Why is my Atmega328P U running at 177kHz?

If that statement even makese sense because clock speed is probably not the same as the execution speed of loop()?

I am using an Arduino UNO R3 with an Atmega328P U on top.

As I'm rather new to microcontrollers I would like to understand "how fast" they are. Particularly because when it comes to data transmission I'm aware that there's some limitations to what I'll be able to do.

However, I thought I can go simple about it and just see how many times I can increment a counter for each loop. Since printing something to the console takes time I count up for two seconds (=2,000,000 mircoseconds) and divide by two:

unsigned long startTime = micros();
unsigned long counter = 0;

void loop() {

  unsigned long elapsedTime = micros() - startTime;

  if (elapsedTime >= 2000000) {
    Serial.println(counter >> 1);
    startTime = micros();
    counter = 0;
  }

  counter += 1;
}

Unless I have an error, it looks like the loop() runs at around ~177kHz which is not really what I expected:

18:07:37.715 -> 176716
18:07:39.706 -> 176716
18:07:41.721 -> 176716
18:07:43.718 -> 176716

Am I missing something here?

This article states that it would run either at 8MHz or 128kHz depending on its configuration.

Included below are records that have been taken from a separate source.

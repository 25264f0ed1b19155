-- ===== src/Queues/Retry.antt =====
-- `process_with_retry`: every packet ends up processed or failed, once.
use ids_bachelor_thesis.Prelude.{
  ℕ, zero, suc, ◌+◌, ◌<◌, ◌≡◌, refl, arith, leb, ltb, not, if◌then◌else◌,
}
use ids_bachelor_thesis.Queues.Defs.{Config, PacketQueues, Handler, retry_loop, process_with_retry}

module _ {W P : Type 0} (handler : Handler W P) (item : P) where
  -- how many of at most `n` calls in a row raise before one returns
  pub failures : ℕ → W → ℕ
  failures zero w = 0
  failures (suc n) w =
      let rest = failures n (handler item w).1 in if (handler item w).0 then 0 else rest + 1

  -- the world after at most `n` calls, the last of which may return
  pub world_after : ℕ → W → W
  world_after zero w = w
  world_after (suc n) w =
      let rest = world_after n (handler item w).1 in
      if (handler item w).0 then (handler item w).1 else rest

  failures_step :
      (n : ℕ) (w : W)
      → failures (suc n) w ≡ (if (handler item w).0 then 0 else failures n (handler item w).1 + 1)
  unfolding failures
  failures_step n w = refl

  world_after_step :
      (n : ℕ) (w : W)
      → world_after (suc n) w
        ≡ (if (handler item w).0 then (handler item w).1 else world_after n (handler item w).1)
  unfolding world_after
  world_after_step n w = refl

module _ {R P L : Type 0} where
  -- the counters after a packet that raised `k` times of at most `n`
  abbrev pub counted : ℕ → ℕ → PacketQueues R P L → PacketQueues R P L
  counted n k q =
      if ltb k n
      then record q { processed = q.processed + 1; retried = q.retried + k }
      else record q { failed = q.failed + 1; retried = q.retried + k }

module _ {W R P L : Type 0} (c : Config) (handler : Handler W P) (item : P) where
  retry_loop_step :
      (fuel attempts : ℕ) (w : W) (q : PacketQueues R P L)
      → retry_loop c handler item (suc fuel) attempts w q ≡ (
          if not (leb attempts c.max_retries)
          then (w, q)
          else if (handler item w).0
          then ((handler item w).1, record q { processed = q.processed + 1 })
          else if ltb c.max_retries (attempts + 1)
          then ((handler item w).1, record q { retried = q.retried + 1; failed = q.failed + 1 })
          else retry_loop c handler item fuel
              (attempts + 1)
              (handler item w).1
              (record q { retried = q.retried + 1 }))
  unfolding retry_loop
  retry_loop_step fuel attempts w q = refl

  last_round :
      (attempts : ℕ) (w : W) (q : PacketQueues R P L)
      → attempts ≡ c.max_retries
      → retry_loop c handler item 1 attempts w q
        ≡ (world_after handler item 1 w, counted 1 (failures handler item 1 w) q)
  unfolding retry_loop failures world_after
  last_round attempts w q e = ground arith

  earlier_round :
      (n attempts : ℕ) (w : W) (q : PacketQueues R P L)
      → attempts < c.max_retries
      → retry_loop c handler item
          (suc n)
          (attempts + 1)
          (handler item w).1
          (record q { retried = q.retried + 1 })
        ≡ (
          world_after handler item (suc n) (handler item w).1,
          counted
              (suc n)
              (failures handler item (suc n) (handler item w).1)
              (record q { retried = q.retried + 1 }),
        )
      → retry_loop c handler item (suc (suc n)) attempts w q ≡ (
        world_after handler item (suc (suc n)) w,
        counted (suc (suc n)) (failures handler item (suc (suc n)) w) q,
      )
  earlier_round n attempts w q lt ih =
      rw
        (
          retry_loop_step (suc n) attempts w q,
          failures_step handler item (suc n) w,
          world_after_step handler item (suc n) w,
        )
        (ground (arith, ih))

  retry_loop-counted :
      (fuel attempts : ℕ) (w : W) (q : PacketQueues R P L)
      → 0 < fuel
      → attempts + fuel ≡ c.max_retries + 1
      → retry_loop c handler item fuel attempts w q
        ≡ (world_after handler item fuel w, counted fuel (failures handler item fuel w) q)
  retry_loop-counted zero attempts w q pos e = absurd (omega arith)
  retry_loop-counted (suc zero) attempts w q pos e = last_round attempts w q (omega arith)
  retry_loop-counted (suc (suc n)) attempts w q pos e = earlier_round n attempts w q (omega arith) (
      retry_loop-counted (suc n) (attempts + 1) (handler item w).1
        (record q { retried = q.retried + 1 }) (omega arith) (omega arith))

  -- The handler is called until it returns, at most `max_retries + 1` times. If it returns after `k`
  -- calls that raised, the packet counts once as processed and `k` times as retried; if it never
  -- does, once as failed and `max_retries + 1` times as retried. Nothing else of the queues changes.
  pub process_with_retry_counts :
      (w : W) (q : PacketQueues R P L)
      → let calls = c.max_retries + 1 in
        process_with_retry c handler item w q
        ≡ (world_after handler item calls w, counted calls (failures handler item calls w) q)
  unfolding process_with_retry
  process_with_retry_counts w q =
      retry_loop-counted (c.max_retries + 1) 0 w q (omega arith) (omega arith)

How can I use the 8MHz oscillator and why am I seeing 177kHz instead of 128kHz?

With 'counter' I suppose you are trying to measure loop() execution time. But I'm not at all clear, why you think this should run at 128kHz or for that matter, and any known rate?

When you compile the code, what you end up with is some arbitrary number of machine cycles measured in this case, in a few hundred. There is also some overhead in the repetitive call to loop() that the core makes.

The IC has clock options, if you read the data sheet you can find out what they are. But the one you are holding, probably has the standard fixed 16MHz external oscillator.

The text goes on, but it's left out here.